A lot of knowledge is essential, probability theory and matrix theory, numerical analysis of school knowledge can’t back to the teacher, and then according to their own work projects, consciously cultivate themselves to theory of machine learning, natural language processing, etc, finally will gradually develop their ability of abstract modeling and summarizing ability. As for some tools, in fact, there are many open source tools and some articles on the Internet, so we can only search and read them consciously according to our current level. We must learn more and think more, and the ability to find and solve problems is more important.

8. Asynchronous community: From manual editing recommendation to intelligent distribution of machine learning algorithm recommendation, some people hold a different opinion that news algorithm recommendation makes people narrow the access to knowledge.
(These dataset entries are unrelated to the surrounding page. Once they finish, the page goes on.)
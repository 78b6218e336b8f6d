-- ===== src/Lib.antt =====
-- The core of the campus assistant's backend (backend/). Lecturers open a session of a lecture and
-- project a QR code, students scan it, and a worker closes what was forgotten and calls the roll; with
-- the guards and the cohort addressing that these rest on. The timetable that the lectures stand in,
-- the instants at which they are held, and the reminders of them that a worker generates into an
-- outbox and another sends. Who a request is from, and the codes that are mailed to an address.
--
-- The parts, and the code that each file is about:
--   Access: backend/src/utils/authorization.ts (Permissions: hasPermission, requirePermission,
--     requireSameUniversity, requireSameDepartment), course-access.ts (Courses: canManageCourse,
--     canExportCourse), session-access.ts (Sessions: canSeeSession, isSessionOperator).
--   Cohort: backend/src/utils/cohort.ts (resolveCohort, cohortMatches); Cohort.Semester is
--     parseSemesterNumber of backend/src/types/schedule.types.ts, its regular expressions written
--     as searches over the text.
--   Session.Window: backend/src/utils/session-window.ts (sessionWindow, sessionState, isScannable,
--     isStale, punctuality, belongsToOccurrence, sameOccurrenceWindow).
--   Session.Store: the tables of backend/prisma/schema.prisma as one record of lists, `Db`.
--   Session.Repository: the queries of backend/src/repositories/session.repository.ts,
--     attendance.repository.ts, student.repository.ts and schedule.repository.ts. A write is a
--     function from the tables to the tables.
--   Session.Service: backend/src/services/session.service.ts (createSession as open_session,
--     closeSession, getQrToken and what they call).
--   Session.Scan: scanAttendance of backend/src/services/attendance.service.ts with the error table
--     of backend/src/types/scan.types.ts; a refused scan is a value.
--   Session.Sweep: runSweep of backend/src/services/attendance-lifecycle.service.ts
--     (closeStaleSessions, sweepAbsences, sweepOne, attendedElsewhereInOccurrence).
--   Session.Steps: the writes of all of them as the steps of one relation on the tables. Every
--     await of the code lets another request or the worker write, so that a state of the tables is
--     what any sequence of those steps leads to; Session.Invariant has what each write keeps.
--   Challenge: backend/src/repositories/email-challenge.repository.ts; Challenge.Service is
--     backend/src/services/email-challenge.service.ts (issue, notifyWithoutCode, verify), and
--     Challenge.Steps its writes as steps. There the transaction that issues a code is one step, for
--     an address and purpose whose transactions do not overlap; Challenge.Transactions has transactions
--     that begin, are in flight and commit, at the isolation READ COMMITTED that the code leaves them.
--   Timetable: backend/src/repositories/schedule.repository.ts; Timetable.Service has the changes of
--     backend/src/services/schedule.service.ts (createSchedule, updateSchedule, deactivateSchedule) and
--     Timetable.Views what it shows to whom (getSchedule, getStudentTimetable, getInstructorTimetable,
--     listSchedules). Timetable.Clashes says apart from the queries which lectures cannot both be held.
--   Occurrence: backend/src/utils/occurrence.util.ts (zonedTimeToUtc, occurrencesBetween,
--     nextOccurrence, formatClock).
--   Outbox: backend/src/repositories/notification.repository.ts; Outbox.Dispatcher is
--     backend/src/services/notification.dispatcher.ts, Outbox.Inbox of
--     backend/src/services/notification.service.ts what counts and marks as read, and Outbox.Steps the
--     writes as steps in any order.
--   Reminders: backend/src/services/lecture-notification.service.ts, with REMINDER_RULES of
--     backend/src/config/notification.config.ts and the texts of
--     backend/src/services/notification.content.ts.
--   Account: backend/src/middleware/auth.middleware.ts (authenticate, requireRole, requireApproved),
--     with backend/src/lib/supabase-auth.ts and backend/src/utils/client-platform.ts; Account.Verified is
--     about the token.
--   Summary: getMyAttendanceSummary of backend/src/services/attendance.service.ts. Paging:
--     backend/src/utils/pagination.ts.
--   Seeding: backend/src/utils/seed-guard.ts (assertSeedAllowed).
--   Errors: backend/src/utils/AppError.ts. Text: the string functions that the code calls.
--   Prelude: lists, results and tests that the parts share.
--   Tests: one concrete lecture, at which the theorems below are applied.
--
-- The database client and the token library are not part of the repository. Database.Prisma and
-- Qr.Jwt are records of the calls that the code makes of them, with the documented behaviour that
-- the code relies on as laws; Database.Reference and Qr.Reference have all of it. The same holds of
-- the hash of the mailed codes, Challenge.Service.Bcrypt. The semantics of
-- a unique constraint is that of `create` and of `createMany` with skipDuplicates. A text filter that is
-- equal without case is ILIKE in PostgreSQL; the law of Database.Prisma is what it does to texts with no
-- %, _ or backslash, whose letters outside A to Z are written alike.
--
-- The clock of a time zone (Intl.DateTimeFormat), jose, jsonwebtoken and the push provider are
-- parameters too; a theorem that relies on a zone's clock names what it relies on (Occurrence.Zones.IsZone
-- and IsUnambiguous, which speak of its readings only).
--
-- Numbers are natural numbers: an instant is its milliseconds since 1970, an id a number that is
-- only compared. Every loop goes through a list, a text or a number of days or pages; the one function
-- with a number of steps is Occurrence.decimal, which has one for each digit and as many as the number's
-- value and one, which Occurrence.Digits is about. The size of a worker's batch is a parameter.
--
-- Not modelled: routes, controllers and validation, which pass values on; the workers' timers; logs and
-- mail and push providers; the registration of accounts, grades and the academic registry; the web and
-- mobile clients.
pub mod Prelude
pub mod Text
pub mod Session
pub mod Access
pub mod Account
pub mod Cohort
pub mod Database
pub mod Errors
pub mod Qr
pub mod Challenge
pub mod Outbox
pub mod Timetable
pub mod Occurrence
pub mod Paging
pub mod Summary
pub mod Reminders
pub mod Seeding
mod Tests
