-- ===== src/Access.antt =====
-- Who may do what: roles, the permission table, courses and sessions.
pub mod Roles
pub mod Permissions
pub mod Courses
pub mod Sessions
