-- ===== src/Prelude/Lists.antt =====
-- Lists measured by native numbers, under the library's names, and predicates on lists by
-- recursion.
use Prim.Native.Nat.{ℕ, zero, suc, ◌+◌}
use mathlib.Core.Path.{◌≡◌, refl, sym, ◌∙◌, ap, subst}
use mathlib.Core.Logic.{◌⊎◌, inl, inr, ◌↔◌}
use mathlib.Core.Bool.{Bool, true, false, ◌||◌, false≢true}
use mathlib.Core.Option.{Option, none, some}
use mathlib.Core.List.{List, [], ◌∷◌}
use wall_e_campus_assistant.Prelude.Tests.{if◌then◌else◌, Bool-cases}

module _ {ℓ} {A : Type ℓ} where
  abbrev pub length : List A → ℕ
  length [] = 0
  length (x ∷ xs) = suc (length xs)

  abbrev pub take : ℕ → List A → List A
  take zero xs = []
  take (suc n) [] = []
  take (suc n) (x ∷ xs) = x ∷ take n xs

  abbrev pub drop : ℕ → List A → List A
  drop zero xs = xs
  drop (suc n) [] = []
  drop (suc n) (x ∷ xs) = drop n xs

  -- The members that pass a Boolean test.
  abbrev pub keep : (A → Bool) → List A → List A
  keep p [] = []
  keep p (x ∷ xs) = if p x then x ∷ keep p xs else keep p xs

  abbrev pub count : (A → Bool) → List A → ℕ
  count p [] = 0
  count p (x ∷ xs) = (if p x then 1 else 0) + count p xs

  abbrev pub any : (A → Bool) → List A → Bool
  any p [] = false
  any p (x ∷ xs) = p x || any p xs

  -- The first member that passes.
  abbrev pub find : (A → Bool) → List A → Option A
  find p [] = none
  find p (x ∷ xs) = if p x then some x else find p xs

module _ {ℓ κ} {A : Type ℓ} where
  abbrev pub All : (A → Type κ) → List A → Type κ
  All P [] = Unit
  All P (x ∷ xs) = P x × All P xs

infix 50 ◌∈◌
abbrev pub ◌∈◌ : {A : Type 0} → A → List A → Type 0
x ∈ [] = ⊥
x ∈ (y ∷ ys) = (x ≡ y) ⊎ (x ∈ ys)

pub ∈-keep_iff :
    {A : Type 0} (test : A → Bool) (x : A) (l : List A)
    → (x ∈ keep test l) ↔ ((x ∈ l) × (test x ≡ true))
∈-keep_iff test x [] = (λ h. absurd h, λ h. absurd h.0)
∈-keep_iff test x (y ∷ l) =
    let ih = ∈-keep_iff test x l in
    elim (Bool-cases (test y)) [
      | inl e ↦ rw e (
        λ h. elim h [ inl q ↦ (inl q, rw q e) | inr m ↦ (inr (ih.0 m).0, (ih.0 m).1) ],
        λ (m, t). elim m [ inl q ↦ inl q | inr m' ↦ inr (ih.1 (m', t)) ],
      )
      | inr e ↦ rw e (
        λ h. (inr (ih.0 h).0, (ih.0 h).1),
        λ (m, t). elim m [
          | inl q ↦ absurd (false≢true (sym e ∙ ap test (sym q) ∙ t))
          | inr m' ↦ ih.1 (m', t)
        ],
      )
    ]

pub All-∈ : {A : Type 0} (P : A → Type 0) (l : List A) → All P l → {x : A} → x ∈ l → P x
All-∈ P (y ∷ l) (h, hs) (inl e) = subst P (sym e) h
All-∈ P (y ∷ l) (h, hs) (inr m) = All-∈ P l hs m
All-∈ P [] h m = absurd m

pub All-of_∈ : {A : Type 0} (P : A → Type 0) (l : List A) → ((x : A) → x ∈ l → P x) → All P l
All-of_∈ P [] f = tt
All-of_∈ P (y ∷ l) f = (f y (inl refl), All-of_∈ P l (λ x m. f x (inr m)))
What is your opinion on this issue?

This is a matter of opinion. Before the form of news software, decided that users see more is manual editing of popular news articles; But now some information reading software, through a certain recommendation algorithm, can recommend more long-tail articles to users, which is a big difference. As for the recommendation algorithm way to let people acquire knowledge narrow and it is recommended in the system precision and how to balance the problem of the diversity, in this world, as long as do the balance, will be more difficult, in appropriate cases to make the right choice is the best, but this is difficult to machine, such as, It is technically difficult to capture and represent the user’s current interests and thoughts.

9. Asynchronous communities: What are some of the biggest developments and challenges in natural language processing in 2018?

It is very difficult to predict. Just like what is said in the book, natural language processing is still in its infancy, and many things are worth exploring and making breakthroughs, which requires joint efforts of all. We can do more: 1. 2. Combine the requirements of the scene and make use of existing technologies to make products that can improve people’s efficiency in certain aspects.

10. Asynchronous Communities: Do you have any writing plans going forward? Are there any new works to “reveal the plot” to readers in advance?

Due to my work, I won’t have much time to write something in the short term, but I will pay attention to readers’ feedback on this book. When I have time, MAYBE I will improve more content based on this book and launch the second edition of “Algorithm on Text”, but the time is not sure.